5 佐藤 大郎 ①

 ――――平凡な、どこにでもいる普通の男。


「すみません、ここ、漢字間違ってます」

 事務の女性はめんどくさそうに名刺を確認すると、首を傾げる。私は自分の名前を指差す。


「ここ、『太郎』のタは太いじゃなくて、大きいが正しいです」

「はぁ……直しときますね」


 向こうが間違えたのに、なんだか嫌な感じだ。
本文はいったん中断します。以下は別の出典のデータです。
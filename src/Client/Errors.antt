-- ===== src/Client/Errors.antt =====
-- Go's `error` values, and the error tests of internal/operator/operator.go. A Go `error` that may
-- be nil is an `Option Error`.
use minio_operator_ext.Base.{
  String, Bool, true, false, Option, none, some, if◌then◌else◌, ◌==◌, string_eq,
}

pub data Error : Type 0 where
  -- a `minioclient.ErrorResponse` and a `madmin.ErrorResponse`: code and message
  minio_response : String → String → Error
  madmin_response : String → String → Error
  -- an API status of Kubernetes: reason and message
  api_status : String → String → Error
  -- `fmt.Errorf`, and every other error of a library
  message : String → Error
  -- the panics of a nil pointer that is dereferenced and of a slice beyond its length
  nil_dereference : Error
  out_of_range : Error

pub data Result {ℓ} (A : Type ℓ) : Type ℓ where
  ok : A → Result A
  err : Error → Result A

-- The `err` of `x, err := f()`.
abbrev pub error_of {ℓ} : {A : Type ℓ} → Result A → Option Error
error_of (ok _) = none
error_of (err e) = some e

-- No error value: the goroutine unwinds, and no code behind the call runs.
abbrev pub is_panic : Error → Bool
is_panic nil_dereference = true
is_panic out_of_range = true
is_panic _ = false

-- The code of a `minioclient.ErrorResponse`.
abbrev pub has_minio_code : Error → String → Bool
has_minio_code (minio_response c _) code = c == code
has_minio_code _ code = false

abbrev pub has_madmin_code : Error → String → Bool
has_madmin_code (madmin_response c _) code = c == code
has_madmin_code _ code = false

-- `isMinioErrorCode`
abbrev pub is_minio_error_code : Option Error → String → Bool
is_minio_error_code none code = false
is_minio_error_code (some e) code = has_minio_code e code

-- `ignoreMinioErrorCode`
abbrev pub ignore_minio_error_code : Option Error → String → Option Error
ignore_minio_error_code e code = if is_minio_error_code e code then none else e

-- `isMadminErrorCode`
abbrev pub is_madmin_error_code : Option Error → String → Bool
is_madmin_error_code none code = false
is_madmin_error_code (some e) code = has_madmin_code e code

-- `ignoreMadminErrorCode`
abbrev pub ignore_madmin_error_code : Option Error → String → Option Error
ignore_madmin_error_code e code = if is_madmin_error_code e code then none else e
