-- ===== src/Client/Calls.antt =====
-- The calls that change something outside the program: one constructor for each method, with its
-- arguments. A run records them with their errors, newest first.
use minio_operator_ext.Base.{String, Bool, Option}
use minio_operator_ext.Api.{
  MinioGroup, MinioGroupBinding, MinioUser, MinioPolicy, MinioPolicyBinding, MinioAccessKey, Secret,
  Connection, GroupAddRemove, PolicyAssociationReq, AddServiceAccountReq, UpdateServiceAccountReq,
  MinioBucket, BucketVersioning, BucketLifecycle,
}
use minio_operator_ext.Client.Errors.{Error}

pub data Op : Type 0 where
  -- Kubernetes
  update_group : MinioGroup → Op
  update_group_binding : MinioGroupBinding → Op
  update_user : MinioUser → Op
  update_policy : MinioPolicy → Op
  update_policy_binding : MinioPolicyBinding → Op
  update_bucket : MinioBucket → Op
  update_access_key : MinioAccessKey → Op
  create_secret : Secret → Op
  update_secret : Secret → Op
  delete_secret : Secret → Op
  -- MinIO
  update_group_members : Connection → GroupAddRemove → Op
  add_user : Connection → String → String → Op
  remove_user : Connection → String → Op
  add_canned_policy : Connection → String → String → Op
  remove_canned_policy : Connection → String → Op
  attach_policy : Connection → PolicyAssociationReq → Op
  attach_policy_ldap : Connection → PolicyAssociationReq → Op
  detach_policy : Connection → PolicyAssociationReq → Op
  detach_policy_ldap : Connection → PolicyAssociationReq → Op
  add_service_account : Connection → AddServiceAccountReq → Op
  add_service_account_ldap : Connection → AddServiceAccountReq → Op
  update_service_account : Connection → String → UpdateServiceAccountReq → Op
  delete_service_account : Connection → String → Op
  make_bucket : Connection → String → Op
  -- with `ForceDelete`
  remove_bucket : Connection → String → Bool → Op
  set_bucket_versioning : Connection → String → BucketVersioning → Op
  set_bucket_lifecycle : Connection → String → BucketLifecycle → Op

pub record Event : Type 0 where
  pub op : Op
  pub failure : Option Error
だけど、そんな不満をグッと飲み込んで、オフィスの自分のデスクに戻る。ここで下手に揉め事を起こして、日常が壊れてしまっては大損だ。


 そう、私は平凡な日常を愛している。


 私の名前は佐藤大郎。おおよそ平々凡々を象徴するような、そんな名前だ。「おおよそ」と言ったのは、大郎のタに点がないからだ。

 私の両親は何を思ったのか、一見シンプルなこの名前に要らないひとひねりを加えた。そのせいで当の本人である子供の方は、名前を訂正する手間に毎回煩わされている。

 いっそ点があれば、私は完全に平凡になれたのに。


 その時、向かいのデスクの上司が声を掛けてくる、

「おい、佐藤。さっきの資料、また赤い下線と緑の下線を間違えてるぞ」

「すみません」

「何度目だ……若手じゃないんだから、しっかりしてくれよ」


 我慢。我慢だ。これも何事もない、可もなく不可もない日常を守るためだ。

 小さな頃から、平均的な子供だった。取り立てて目立った長所も短所もない、ごくごく普通の子供だった。そんな普通の子供が、普通に育ち、普通に就職し、普通に生きている。



 そんな私にも、一つだけ自慢があった。


「あら、おかえりなさい」

 家に帰ると、妻が出迎えてくれる。目を見張るような美人ではない。それでも、愛嬌があって可愛らしく、平凡な私には過ぎた妻だった。


「ただいま」

「ぱぱ、ぱぱ!」


 一歳になる娘がよちよち歩きで廊下に顔を出す。私は思わず抱きかかえる。


「おお、もうすっかり歩けるようになったなあ」

「あなた、先に手を洗ってください」

「ああ、ごめんごめん」


 私の子とは思えない、可愛い娘だ。妻が出産した日、初めて見た時の感動が昨日のことのように思い出せる。目に入れても痛くないとはこのことだ。わがままを言って、娘の名前を私に付けさせてくれと妻にごねたっけ。